Neanderthal depiction
Neanderthal depiction

Some contextual around the first humans:


  • Around 200.000 years ago, Homo sapiens (from latin 'wise man'), or modern humans, started evolving in Africa.

  • Around 125.000 - 45.000 years ago, groups of Homo sapiens start moving out of Africa.

  • Around 50.000 - 30.000 years ago, Denisovan (an extinct species or subspecies of archaic human that ranged across Asia during the Lower and Middle Paleolithic) hominins are found in south-central Russia.

  • 45.000 years ago Homo sapiens reaches Europe.

  • 40.000 years ago the Neanderthals become extinct. Last known sites are on the Iberian peninsula.

  • 18.000 years ago - Homo floresiensis (an extinct species, most probably due to a disease, of small archaic human that inhabited the island of Flores, Indonesia) fosils are found dating from that time.

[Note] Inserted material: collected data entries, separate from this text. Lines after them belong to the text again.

-- ===== src/Errors/Order.antt =====
-- What the check of `init_nspr_errors` says of the table, by index.
use python_nss_ng.Prelude.{
  ◌==ℤ◌, ℕ, zero, suc, ◌+◌, ◌<◌, true, false, some, List, [], ◌∷◌, length, get_elem?, ℤ, ltb_ℤ,
  pos_part, neg_part, ◌≡◌, ◌↔◌, ◌≢◌, refl, ap, subst, arith, Bool-cases, inl, inr, ltb→lt, lt→ltb,
}
use python_nss_ng.Errors.{NsprErrorDesc, check_sequence}

infix 50 ◌<ℤ◌
abbrev pub ◌<ℤ◌ : ℤ → ℤ → Type 0
a <ℤ b = pos_part a + neg_part b < pos_part b + neg_part a

pub <ℤ_trans : (a b c : ℤ) → a <ℤ b → b <ℤ c → a <ℤ c
<ℤ_trans a b c p q = omega arith

pub ==ℤ_self : (a : ℤ) → (a ==ℤ a) ≡ true
==ℤ_self a = ground arith

pub <ℤ_irrefl : (a b : ℤ) → a <ℤ b → a ≢ b
<ℤ_irrefl a b h e = omega (arith, ap pos_part e, ap neg_part e)

-- Every number is above the one before it, the first one above `last`.
abbrev pub IsAscending : ℤ → List NsprErrorDesc → Type 0
IsAscending last [] = Unit
IsAscending last (e ∷ es) = (last <ℤ e.num) × IsAscending e.num es

check_false : (last : ℤ) (es : List NsprErrorDesc) → check_sequence last false es ≡ false
unfolding check_sequence
check_false last [] = refl
check_false last (e ∷ es) = ground (arith, check_false e.num es)

-- The check succeeds exactly when the numbers ascend.
pub check_sequence_lem :
    (last : ℤ) (es : List NsprErrorDesc)
    → (check_sequence last true es ≡ true) ↔ IsAscending last es
unfolding check_sequence
check_sequence_lem last [] = ((λ h. tt), λ h. refl)
check_sequence_lem last (e ∷ es) = elim (Bool-cases (ltb_ℤ last e.num)) [
  | inl up ↦ rw up (
    (λ h. (ltb→lt _ _ up, (check_sequence_lem e.num es).0 h)),
    λ (h, hs). (check_sequence_lem e.num es).1 hs,
  )
  | inr down ↦
      rw down
        ((λ h. absurd (cc (h, check_false e.num es))), λ (h, hs). absurd (cc (down, lt→ltb _ _ h)))
]

pub get_elem?-lt :
    (es : List NsprErrorDesc) (i : ℕ) (e : NsprErrorDesc) → get_elem? es i ≡ some e → i < length es
get_elem?-lt [] i e h = absurd (cc)
get_elem?-lt (x ∷ es) zero e h = omega arith
get_elem?-lt (x ∷ es) (suc i) e h = omega (arith, get_elem?-lt es i e h)

pub get_elem?-some :
    (es : List NsprErrorDesc) (i : ℕ)
    → i < length es
    → (e : NsprErrorDesc) × (get_elem? es i ≡ some e)
get_elem?-some [] i h = absurd (omega arith)
get_elem?-some (x ∷ es) zero h = (x, refl)
get_elem?-some (x ∷ es) (suc i) h = get_elem?-some es i (omega arith)

above_last :
    (last : ℤ) (es : List NsprErrorDesc) (i : ℕ) (e : NsprErrorDesc)
    → IsAscending last es
    → get_elem? es i ≡ some e
    → last <ℤ e.num
above_last last [] i e h g = absurd (cc)
above_last last (x ∷ es) zero e (h, hs) g = ground arith
above_last last (x ∷ es) (suc i) e (h, hs) g =
    <ℤ_trans last x.num e.num h (above_last x.num es i e hs g)

-- In an ascending table a later entry has the greater number.
pub ascending_lt :
    (last : ℤ) (es : List NsprErrorDesc) (i j : ℕ) (a b : NsprErrorDesc)
    → IsAscending last es
    → i < j
    → get_elem? es i ≡ some a
    → get_elem? es j ≡ some b
    → a.num <ℤ b.num
ascending_lt last [] i j a b h lt p q = absurd (cc)
ascending_lt last (x ∷ es) i zero a b h lt p q = absurd (omega arith)
ascending_lt last (x ∷ es) zero (suc j) a b (h, hs) lt p q =
    let first : x ≡ a = cc in subst (λ y. y.num <ℤ b.num) first (above_last x.num es j b hs q)
ascending_lt last (x ∷ es) (suc i) (suc j) a b (h, hs) lt p q =
    ascending_lt x.num es i j a b hs (omega arith) p q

  • 13.000 years ago modern humans are present near Clovis, New Mexico, but others may have preceded them.


Homo sapiens originally evolved in Africa. From there, initially they spread into the Near East but soon retreat back to Africa. Eventually they moved into southern Asia and split. Some would follow the coastline to Southeast Asia and others move into western Eurasia where they will meet other hominin species, the Neanderthals and Denisovans.


Homo sapiens migration path
Homo sapiens migration path

From following the coastline to Southeast Asia eventually they arrive in Australia, roughly about 50.000 years ago but could be as early as 60.000 years according to some sources.


From looking at the migration path we can see that the modern humans' ability to exploit the coastal environment was key through the southern coasts of Asia.


By the time humans reached Europe, Neanderthals were already there for about 250.000 years.

Do you know how Much Neanderthal DNA is in Modern Humans?
Beginning around 2005, genomic sequencing found evidence of Neanderthal DNA in modern humans, and we now know that the DNA of humans alive today is 1-4% Neanderthal. “This admixture was created roughly 200,000 years ago when the first humans moving out of Africa mated with Neanderthals in Europe, and that the exchange went both ways, with some human-Neanderthal offspring later returning to Africa," according to a study published in Cell.

Both Homo sapiens and Neanderthals shared a common ancestor called Homo heidelbergensis.



Homo sapiens, Neanderthals and Denisovans migration path
Homo sapiens, Neanderthals and Denisovans migration path

Beringia, a land bridge between Russia and Alaska, exposed when the sea levels dropped as a result of the Ice Age, allowed humans to reach the Americas from northeast Asia.



Homo sapiens, Beringian migration
Homo sapiens, Beringian migration

Finally all hominin species die out, except for Homo sapiens.